Maryland Forward Party

PEP Talk Core Principles: Six Ways To Disarm Political Fights - Double Aces

18 April, 2024

Developed by Pete Oliver-Krueger, head of our Priorities and Policies Committee, the Prioritizing Epic Problems (PEP) Talk is a fresh approach to politics, encouraging constructive dialogue, bridging divides in political discourse and reaching consensus on identifying pressing issues. This is Part 6 of 6.

Double Aces (a.k.a. Appreciations & Clarifying Questions)

I guarantee this 1 technique will change your life. It’s called the Double Aces and it’s our 6th tip for turning an Argument into a Collaboration and we’ve saved the best for last. What’s even better about this technique is that the other people in your life don’t have to know anything about it, and it will still make your life a lot better. Now before I can tell you how the technique works, I first have to tell you why it works.


A conscious listening technique based on the research of Nobel Prize winner Daniel Kahnemann, professional mediation techniques, and multiple elements of Positive Psychology. If you are in agreement (in harmony) with someone else, you express Appreciations, then ask Confirming Questions, before offering any Enhancements. If you disagree with something, you first Acknowledge it, then ask Clarifying Questions, before offering Evolutions to the idea.


Our brains are biologically wired as a “difference engine” which is a technical term which means that the first thing we see/hear is what is wrong or missing from the current situation. This part of our brain operates faster than anything else, including the “logical” part of our brain. Since this is the first thing that our brain “sees” this is also often the first thing that we say, i.e. everything that is wrong about what we just saw or heard.


Immediately hearing what is wrong with everything you are saying or doing can become very emotionally taxing. What might be wrong may also be only a small fraction of what the person is doing or saying. Focusing on what’s wrong first makes the other person feel like everything they say is “wrong” and inspires pushback. It is very common to people to feel unheard, and to believe that if the other person could just understand the other parts of their argument, they would hold the same opinion. As a result, they push and push, and talk more and more, and the more you argue, the more insistent they can get.

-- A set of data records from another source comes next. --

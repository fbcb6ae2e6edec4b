-- ===== src/Tests/Machine.antt =====
-- The addresses of the x86_64 crate, with its limits.
use silicium_rs.Base.{
  ℕ, ◌+◌, ◌-◌, ◌*◌, ◌/◌, ◌%◌, ◌≤◌, ◌<◌, ◌≡◌, refl, ◌||◌, ◌&&◌, ◌==◌, ltb, leb, if◌then◌else◌,
  Outcome, done, panicked, invalid_address, arith,
}
use silicium_rs.Crates.Addresses.{Addresses}

abbrev pub physical_new : ℕ → Outcome ℕ
physical_new a = if ltb a 0x10_0000_0000_0000 then done a else panicked invalid_address

abbrev pub virtual_new : ℕ → Outcome ℕ
virtual_new a =
    if ltb a 0x8000_0000_0000 || leb 0xffff_8000_0000_0000 a && ltb a 0x1_0000_0000_0000_0000
    then done a
    else panicked invalid_address

pub physical_new-valid : (a : ℕ) → a < 0x10_0000_0000_0000 → physical_new a ≡ done a
physical_new-valid a h = ground arith

pub physical_new-invalid :
    (a : ℕ) → 0x10_0000_0000_0000 < a → physical_new a ≡ panicked invalid_address
physical_new-invalid a h = ground arith

pub virtual_new-low : (a : ℕ) → a < 0x8000_0000_0000 → virtual_new a ≡ done a
virtual_new-low a h = ground arith

pub virtual_new-high :
    (a : ℕ) → 0xffff_8000_0000_0000 ≤ a → a < 0x1_0000_0000_0000_0000 → virtual_new a ≡ done a
virtual_new-high a h k = ground arith

pub physical_sub-valid :
    (a n : ℕ) → n ≤ a → a < 0x10_0000_0000_0000 → physical_new (a - n) ≡ done (a - n)
physical_sub-valid a n h k = ground arith

pub virtual_add-high :
    (a n : ℕ)
    → 0xffff_8000_0000_0000 ≤ a
    → a + n < 0x1_0000_0000_0000_0000
    → virtual_new (a + n) ≡ done (a + n)
virtual_add-high a n h k = virtual_new-high (a + n) (omega arith) k

instance abbrev pub addresses : Addresses
addresses = record {
  physical_new = physical_new;
  physical_add = λ a n. physical_new (a + n);
  physical_sub = λ a n. physical_new (a - n);
  is_page_aligned = λ a. a % 4096 == 0;
  frame_index = λ a. a / 4096;
  virtual_add = λ a n. virtual_new (a + n);
  virtual_new = virtual_new;
  page_align_down = λ a. a / 4096 * 4096;
  as_ptr = λ a. a + 0xffff_8000_0000_0000;
  page_align_up = λ a. (a + 4095) / 4096 * 4096;
  page_mask = λ a. a / 4096 * 4096;
  page_size = 4096;
  page_shift = 12;
  physical_new-valid = physical_new-valid;
  physical_new-invalid = physical_new-invalid;
  physical_add-valid = λ a n. physical_new-valid (a + n);
  physical_sub-valid = physical_sub-valid;
  is_page_aligned_lem = λ a. refl;
  frame_index_lem = λ a. refl;
  virtual_new-low = virtual_new-low;
  virtual_new-high = virtual_new-high;
  virtual_add-high = virtual_add-high;
  page_align_down_lem = λ a. refl;
  page_align_up_lem = λ a h. refl;
  page_mask_lem = λ a. refl;
  page_size_lem = refl;
  page_shift_lem = refl;
}
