-- ===== src/Tests/AllocatorTests.antt =====
-- The frame allocator on an array of four frames.
use silicium_rs.Base.{
  ℕ, ◌*◌, ◌≡◌, ◌⊎◌, ◌<◌, done, ◌>>=◌, refl, arith, List, [], ◌∷◌, Option, none, some, Outcome,
  add64,
}
use silicium_rs.Address.{phys_to_virt}
use silicium_rs.Frame.{Frame, frame, new_stats}
use silicium_rs.Frame.Flags
use silicium_rs.FrameState.{FrameInfo}
use silicium_rs.FrameState.Slices.{find}
use silicium_rs.FrameState.Slices.Laws.{NoneIn}
use silicium_rs.Allocator.{Frames, is_free, allocate, claim, deallocate, reference, zero_bytes}
use silicium_rs.Allocator.Invariant.{IsWf}
use silicium_rs.Allocator.Allocate.{Allocated, allocate_cases}
use silicium_rs.Allocator.History.{
  Call, allocates, references, deallocates, Step, users, step, run, step-Step, NotAmong,
  run-NotAmong,
}
use silicium_rs.Tests.Bits.{bits}
use silicium_rs.Tests.Machine.{addresses}

abbrev pub entry : ℕ → ℕ → ℕ → FrameInfo
entry i flags count = record { flags = flags; frame = frame (i * 4096); count = count }

-- Frame 0 has two users, frame 1 holds the array, frames 2 and 3 are free.
abbrev pub four : Frames
four = record {
  array =
      entry 0 Flags.kernel 2
      ∷ entry 1 Flags.kernel 0
      ∷ entry 2 Flags.free 0
      ∷ entry 3 Flags.free 0
      ∷ [];
  statistic = record new_stats { total = 4; usable = 4; allocated = 2; kernel = 2 };
  memory = λ a. a;
}

pub four-IsWf : IsWf 1 four
four-IsWf = record {
  infos = ground arith;
  small = omega arith;
  accounted = refl;
  few_pinned = omega arith;
}

abbrev pub user : ℕ
user = Flags.zeroed

four_allocated : Outcome (Option Frame × Frames)
unfolding allocate find claim phys_to_virt add64
four_allocated = allocate user four

allocate_test : (four_allocated >>= λ r. done r.0) ≡ done (some (frame 0x2000))
unfolding four_allocated
allocate_test = refl

-- The frame's words are zero afterwards, the others are kept.
abbrev two_words : Option Frame × Frames → ℕ × ℕ
two_words (r, s) = (s.memory 0xffff_8000_0000_2008, s.memory 0xffff_8000_0000_3000)

allocate_zeroes : (four_allocated >>= λ r. done (two_words r)) ≡ done (0, 0xffff_8000_0000_3000)
unfolding four_allocated zero_bytes
allocate_zeroes = refl

allocate_cases_example :
    (NoneIn is_free four.array × (allocate user four ≡ done (none, four)))
    ⊎ ((i : ℕ) × (s' : Frames) × (allocate user four ≡ done (some (frame (i * 4096)), s'))
        × Allocated user i four s')
allocate_cases_example = allocate_cases 1 user four four-IsWf

-- The state after the allocation.
abbrev pub four_after : Frames
four_after = record {
  array = entry 0 Flags.kernel 2 ∷ entry 1 Flags.kernel 0 ∷ entry 2 0 1 ∷ entry 3 Flags.free 0 ∷ [];
  statistic = record new_stats { total = 4; usable = 4; allocated = 3; kernel = 2 };
  memory = zero_bytes 0xffff_8000_0000_2000 4096 (λ a. a);
}

pub four_after_lem : allocate user four ≡ done (some (frame 0x2000), four_after)
unfolding four_allocated
four_after_lem = refl

step-Step_example :
    Step (users four) (allocates user) (some (frame 0x2000)) (users four_after) × IsWf 1 four_after
step-Step_example =
    step-Step 1 (allocates user) four four_after (some (frame 0x2000)) four-IsWf
      (unfold step in four_after_lem)

abbrev history : List Call
history = allocates user ∷ references (frame 0x2000) ∷ deallocates (frame 0x2000) ∷ []

abbrev four_later : Frames
four_later = four_after

history_lem : run history four ≡ done (some (frame 0x2000) ∷ none ∷ none ∷ [], four_later)
unfolding run step four_allocated reference deallocate
history_lem = refl

run-NotAmong_example :
    NotAmong 0 (some (frame 0x2000) ∷ none ∷ none ∷ []) × (0 < users four_later 0)
run-NotAmong_example =
    run-NotAmong 1 0 history four four_later (some (frame 0x2000) ∷ none ∷ none ∷ []) four-IsWf
      (omega arith) (tt, (tt, (ground arith, tt))) history_lem
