-- ===== src/Tests/Entries.antt =====
-- Page table entries as the processor reads them: the flags in the bits 0 to 11 and 52 to 63, the
-- address in the others.
use silicium_rs.Base.{
  ap, ℕ, ◌+◌, ◌*◌, ◌/◌, ◌%◌, ◌^◌, ◌≡◌, ◌<◌, refl, Bool, true, not, none, some, ◌==◌, if◌then◌else◌,
  arith,
}
use Prim.Native.Nat.{bit_or}
use silicium_rs.Crates.PageTables.{PageTables}
use silicium_rs.Tests.Bits.{bits, contains, contains-or, contains-digit, digit}

abbrev pub is_present : ℕ → Bool
is_present e = e % 2 == 1

abbrev pub address_bits : ℕ → ℕ
address_bits e = e / 4096 % 0x100_0000_0000 * 4096

abbrev pub flag_bits : ℕ → ℕ
flag_bits e = e % 4096 + e / 0x10_0000_0000_0000 * 0x10_0000_0000_0000

abbrev pub set_address : ℕ → ℕ → ℕ
set_address e a = flag_bits e + address_bits a

abbrev pub set_flags : ℕ → ℕ → ℕ
set_flags e f = address_bits e + flag_bits f

pub contains-present : (f : ℕ) → contains f 1 ≡ is_present f
unfolding digit
contains-present f = contains-digit f 0

pub address_lem :
    (e : ℕ)
    → is_present e ≡ true
    → (if is_present e then some (address_bits e) else none) ≡ some (address_bits e)
address_lem e h = rw h refl

pub address_bits-set_address :
    (e a : ℕ) → a % 4096 ≡ 0 → a < 0x10_0000_0000_0000 → address_bits (set_address e a) ≡ a
address_bits-set_address e a h k = omega arith

pub address_bits-set_flags : (e f : ℕ) → address_bits (set_flags e f) ≡ address_bits e
address_bits-set_flags e f = omega arith

pub is_present-set_address : (e a : ℕ) → is_present (set_address e a) ≡ is_present e
is_present-set_address e a = ground arith

pub is_present-set_flags : (e f : ℕ) → is_present (set_flags e f) ≡ contains f 1
is_present-set_flags e f = ground (arith, contains-present f)

pub is_present-add_flags : (e f : ℕ) → contains f 1 ≡ true → is_present (bit_or e f) ≡ true
is_present-add_flags e f h = ground (arith, contains-present (bit_or e f), contains-or e f 0)

pub flags-set_flags : (e f : ℕ) → (address_bits f == 0) ≡ true → flag_bits (set_flags e f) ≡ f
flags-set_flags e f h = ground arith

-- Nine bits of the address for each level, after the twelve of the offset.
abbrev pub page_index : ℕ → ℕ → ℕ
page_index at l = at / 4096 / 2 ^ (9 * l) % 512

pub page_index_page : (at l : ℕ) → page_index (at / 4096 * 4096) l ≡ page_index at l
page_index_page at l =
    let same : at / 4096 * 4096 / 4096 ≡ at / 4096 = omega arith in
    ap (λ (a : ℕ). a / 2 ^ (9 * l) % 512) same

instance abbrev pub page_tables : PageTables
page_tables = record {
  page_map_level4 = 3;
  pml4_offset = λ at. page_index at 3;
  entry_count = 512;
  page_index = page_index;
  present_bit = 0;
  writable_bit = 1;
  no_execute_bit = 63;
  no_cache_bit = 4;
  write_through_bit = 3;
  protection_violation_bit = 0;
  write_access_bit = 1;
  instruction_fetch_bit = 4;
  is_flags = λ f. address_bits f == 0;
  is_present = is_present;
  is_writable = λ e. contains e 2;
  is_executable = λ e. not (contains e (2 ^ 63));
  address = λ e. if is_present e then some (address_bits e) else none;
  flags = flag_bits;
  set_address = set_address;
  set_flags = set_flags;
  add_flags = bit_or;
  clear = λ e. 0;
  address_bits = address_bits;
  page_map_level4_lem = refl;
  page_index-lt = λ at l. omega arith;
  pml4_offset_lem = λ at. refl;
  entry_count_lem = refl;
  page_index_page = page_index_page;
  address_lem = address_lem;
  address_bits-set_address = address_bits-set_address;
  address_bits-set_flags = address_bits-set_flags;
  is_present-set_address = is_present-set_address;
  is_present-set_flags = is_present-set_flags;
  is_present-add_flags = is_present-add_flags;
  is_present-clear = λ e. refl;
  is_present-zero = refl;
  flags-set_flags = flags-set_flags;
}
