-- ===== src/Tests/PagingTests.antt =====
-- Page tables with one mapped page, beside the four frames.
use silicium_rs.Base.{
  ℕ, zero, suc, ◌+◌, ◌*◌, ◌%◌, ◌≡◌, ◌<◌, refl, true, none, some, ◌==◌, if◌then◌else◌, arith, done,
  get_elem?, [], add64, ◌∷◌,
}
use silicium_rs.Address.{phys_to_virt}
use silicium_rs.Frame.{frame, new_stats}
use silicium_rs.Frame.Flags
use silicium_rs.FrameState.{FrameInfo}
use silicium_rs.FrameState.Slices.{find}
use silicium_rs.Allocator.{Memory, Frames, is_free, allocate, claim, zero_bytes}
use silicium_rs.Paging.{
  write, MapResult, Machine, ok, err, already_mapped, next_table, ensure_entry, creat_and_fetch_pte,
  frame_to_map, map, unmap, fetch_pte, present_entry, entry_target, protection, change_protection,
  translate, shootdown,
}
use silicium_rs.Paging.Space.{Typing, IsSpace, IsPaged}
use silicium_rs.Paging.Grow.{Extends}
use silicium_rs.Paging.Translation.{map-IsPaged, map-kept, translate-map}
use silicium_rs.Paging.Unmap.{map-already_mapped, unmap-translate, with_memory}
use silicium_rs.Paging.Protection.{change_protection-protection}
use silicium_rs.Tests.Bits.{bits}
use silicium_rs.Tests.Machine.{addresses}
use silicium_rs.Tests.Entries.{page_tables}
use silicium_rs.Tests.AllocatorTests.{four, four-IsWf, entry}

-- The tables at 0x100000, 0x101000, 0x102000 and 0x103000 map the page 0 to 0xb8000.
abbrev pub root : ℕ
root = 0xffff_8000_0010_0000

abbrev pub words : Memory
words a =
    if a == root
    then 0x10_1003
    else if a == root + 0x1000
    then 0x10_2003
    else if a == root + 0x2000
    then 0x10_3003
    else if a == root + 0x3000
    then 0xb_8003
    else 0

abbrev pub tables : Typing
tables a =
    if a == root
    then some 3
    else if a == root + 0x1000
    then some 2
    else if a == root + 0x2000
    then some 1
    else if a == root + 0x3000
    then some 0
    else none

abbrev pub paged : Frames
paged = record four { memory = words }

tables-aligned : (b l : ℕ) → tables b ≡ some l → b % 4096 ≡ 0
tables-aligned b l h = ground arith

tables-present :
    (b l i : ℕ)
    → tables b ≡ some (suc l)
    → i < 512
    → page_tables.is_present (words (b + i * 8)) ≡ true
    → i ≡ 0
tables-present b l i h k p = ground arith

tables-next : (b l : ℕ) → tables b ≡ some (suc l) → tables (b + 0x1000) ≡ some l
tables-next b l h = ground arith

-- Each entry leads to the next page.
entry-leads : (n : ℕ) → n < 3 → next_table ((0x101 + n) * 4096 + 3) ≡ done (root + (n + 1) * 4096)
unfolding next_table phys_to_virt add64
entry-leads zero h = refl
entry-leads (suc zero) h = refl
entry-leads (suc (suc zero)) h = refl
entry-leads (suc (suc (suc n))) h = absurd (omega arith)

words-leads :
    (b l : ℕ) → tables b ≡ some (suc l) → next_table (words (b + 0 * 8)) ≡ done (b + 0x1000)
words-leads b l h =
    ground
      (arith, entry-leads 0 (omega arith), entry-leads 1 (omega arith), entry-leads 2 (omega arith))

tables-IsSpace : IsSpace tables words
tables-IsSpace = record {
  aligned = tables-aligned;
  children = λ b l i h k p.
      let z : i ≡ 0 = tables-present b l i h k p in
      (b + 0x1000, rw z (words-leads b l h), tables-next b l h);
}

paged-apart :
    (i : ℕ) (info : FrameInfo)
    → get_elem? four.array i ≡ some info
    → is_free info ≡ true
    → tables (i * 4096 + 0xffff_8000_0000_0000) ≡ none
paged-apart zero info h f = refl
paged-apart (suc zero) info h f = refl
paged-apart (suc (suc zero)) info h f = refl
paged-apart (suc (suc (suc zero))) info h f = refl
paged-apart (suc (suc (suc (suc i)))) info h f = cc

pub paged-IsPaged : IsPaged 1 tables paged
paged-IsPaged = record {
  wf = record {
    infos = four-IsWf.infos;
    small = four-IsWf.small;
    accounted = four-IsWf.accounted;
    few_pinned = four-IsWf.few_pinned;
  };
  space = tables-IsSpace;
  apart = paged-apart;
}

-- The address is mapped to an offset in the VGA text buffer.
translate_test : translate root 0x123 words ≡ done (some 0xb_8123)
unfolding translate present_entry fetch_pte next_table phys_to_virt entry_target add64
translate_test = refl

abbrev present_writable : ℕ
present_writable = 3

-- A map in another part of the address space, for which a table is missing: it is made in the
-- frame at 0x2000.
abbrev mapped : Frames
mapped = record {
  array =
      entry 0 Flags.kernel 2
      ∷ entry 1 Flags.kernel 0
      ∷ entry 2 Flags.kernel 1
      ∷ entry 3 Flags.free 0
      ∷ [];
  statistic = record new_stats { total = 4; usable = 4; allocated = 3; kernel = 3 };
  memory =
      write (write (zero_bytes 0xffff_8000_0000_2000 4096 words) (root + 0x2008) 0x2003)
        0xffff_8000_0000_2000 0x7003;
}

map_test : map root 0x20_0123 (frame 0x7000) present_writable paged ≡ done (ok, mapped)
unfolding map creat_and_fetch_pte ensure_entry next_table phys_to_virt add64 allocate find claim
    frame_to_map zero_bytes
map_test = refl

translate-map_example : translate root 0x20_0123 mapped.memory ≡ done (some 0x7123)
translate-map_example =
    translate-map 1 tables root 0x20_0123 (frame 0x7000) present_writable paged mapped paged-IsPaged
      refl refl (omega arith) refl (omega arith) map_test

map-kept_example : translate root 0x123 mapped.memory ≡ done (some 0xb_8123)
map-kept_example =
    map-kept 1 tables root 0x20_0123 (frame 0x7000) present_writable paged mapped ok root 0x123
      0xb_8123 paged-IsPaged refl refl map_test translate_test

map-IsPaged_example :
    (r : MapResult) × (s' : Frames) × (after : Typing) × (map root 0x20_0123
        (frame 0x7000)
        present_writable
        paged
      ≡ done (r, s'))
    × IsPaged 1 after s'
    × Extends tables after
map-IsPaged_example =
    map-IsPaged 1 tables root 0x20_0123 (frame 0x7000) present_writable paged paged-IsPaged refl

map-already_mapped_example :
    map root 0x123 (frame 0x7000) present_writable paged ≡ done (err already_mapped, paged)
map-already_mapped_example =
    map-already_mapped root 0x123 (frame 0x7000) present_writable 0xb_8123 paged translate_test

abbrev pub machine : Machine
machine = record { frames = paged; cpu = record { lapic_initialized = true; events = [] } }

unmap-translate_example :
    (m : Memory) × (unmap root 0x123 machine
      ≡ done (some 0xb_8123, with_memory machine m (shootdown machine.cpu)))
    × (translate root 0x123 m ≡ done none)
    × IsPaged 1 tables (record paged { memory = m })
unmap-translate_example =
    unmap-translate 1 tables root 0x123 0xb_8123 machine paged-IsPaged refl translate_test

no_translation_test : translate root 0x1123 words ≡ done none
unfolding translate present_entry fetch_pte next_table phys_to_virt add64
no_translation_test = refl

protection_test : protection root 0x123 words ≡ done (some 3)
unfolding protection present_entry fetch_pte next_table phys_to_virt add64
protection_test = refl

change_protection-protection_example :
    (m : Memory) × (change_protection root 0x123 1 machine
      ≡ done (some 3, with_memory machine m (shootdown machine.cpu)))
    × (protection root 0x123 m ≡ done (some 1))
    × (translate root 0x123 m ≡ translate root 0x123 words)
    × IsPaged 1 tables (record paged { memory = m })
change_protection-protection_example =
    change_protection-protection 1 tables root 0x123 1 3 machine paged-IsPaged refl refl refl
      protection_test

Speaking in biological terms, we first see what is “wrong” in the other person’s words or actions and we often immediately describe what’s “missing” back to the other person. They see what is “wrong” in our response and immediately tell us. Before too long this sparks a chain reaction where both sides are trying to convince the other side that they are “wrong” and nobody is listening anymore.


If we are lucky, someone will notice that the other person has misheard or misunderstood something and ask a Clarifying or Confirming question to set the record straight. This forces the brain to slow down and use its neocortex (or “logical brain”) to sort through the information, and put things in order.


If we are really lucky, the other person will begin to see the areas where there is agreement or appreciation. If we reach this stage, then we might reach an opportunity for collaboration or at least compromise. Unfortunately, though, debates bog down in the first step (“what’s wrong”) or the second step (“clarifying”) and very seldom make it to the third step (“appreciation” or “acknowledgement”).


Appreciate or Acknowledge: Something almost magical can happen, however, if we simply go against our natural instincts and reverse the order of the conversation. While it is not biologically “natural”, if we consciously look for where we agree with the other person first, or spend the time up front to let the other person know that we have heard their words, the rest of the conversation often goes much easier. We do not have to agree with the other person, only let them know first that they have been heard. As retired FBI hostage negotiator Chris Voss says, you can Acknowledge and listen to the other side without giving in to any of their demands. Many people are just fighting to be heard (including terrorists), and will stop fighting once they know that they have been heard.


Clarifying or Confirming Questions: Another great way to let someone know that they have been heard, and get ahead of misunderstandings is to follow up acknowledgements with clarifying or confirming questions. Even if you think that you understand what the other person is saying, ask a Confirming Question anyway. In our experience when people ask confirming questions, half of the time they find that their understanding was based on assumptions that get fixed through confirming questions.


Enhancements or Evolutions: Once we are on the same page, the last technique that helps build collaborative thinking is to add to the ideas of the other person instead of throwing them away or replacing them with our own. In the world of Improv Acting this technique is called “Yes, And”. Actors are taught to accept the idea of their scene partners and add to it. Look for what you can use in the contributions of others. After all, often a lot of time and effort went into the building of their ideas, and enhancing or evolving their ideas can be seen as a sign of respect.


The Origins of Double Aces: This idea of offering Appreciations first came from teachers working with younger students. Young students can get overwhelmed with new tasks and ideas. A great way to encourage them to keep trying is to give them lots of encouragement and praise, then ask them questions about how they are thinking about the problem, before offering suggestions. Teachers called this “Praise, Question, Polish”. Eventually they were so used to doing this with kids that they instinctively started doing “Praise, Question, Polish” or “PQP” with each other during meetings and staff development. In doing so, they discovered that this approach had nothing to do with age, but was really just an awesome way of collaborating.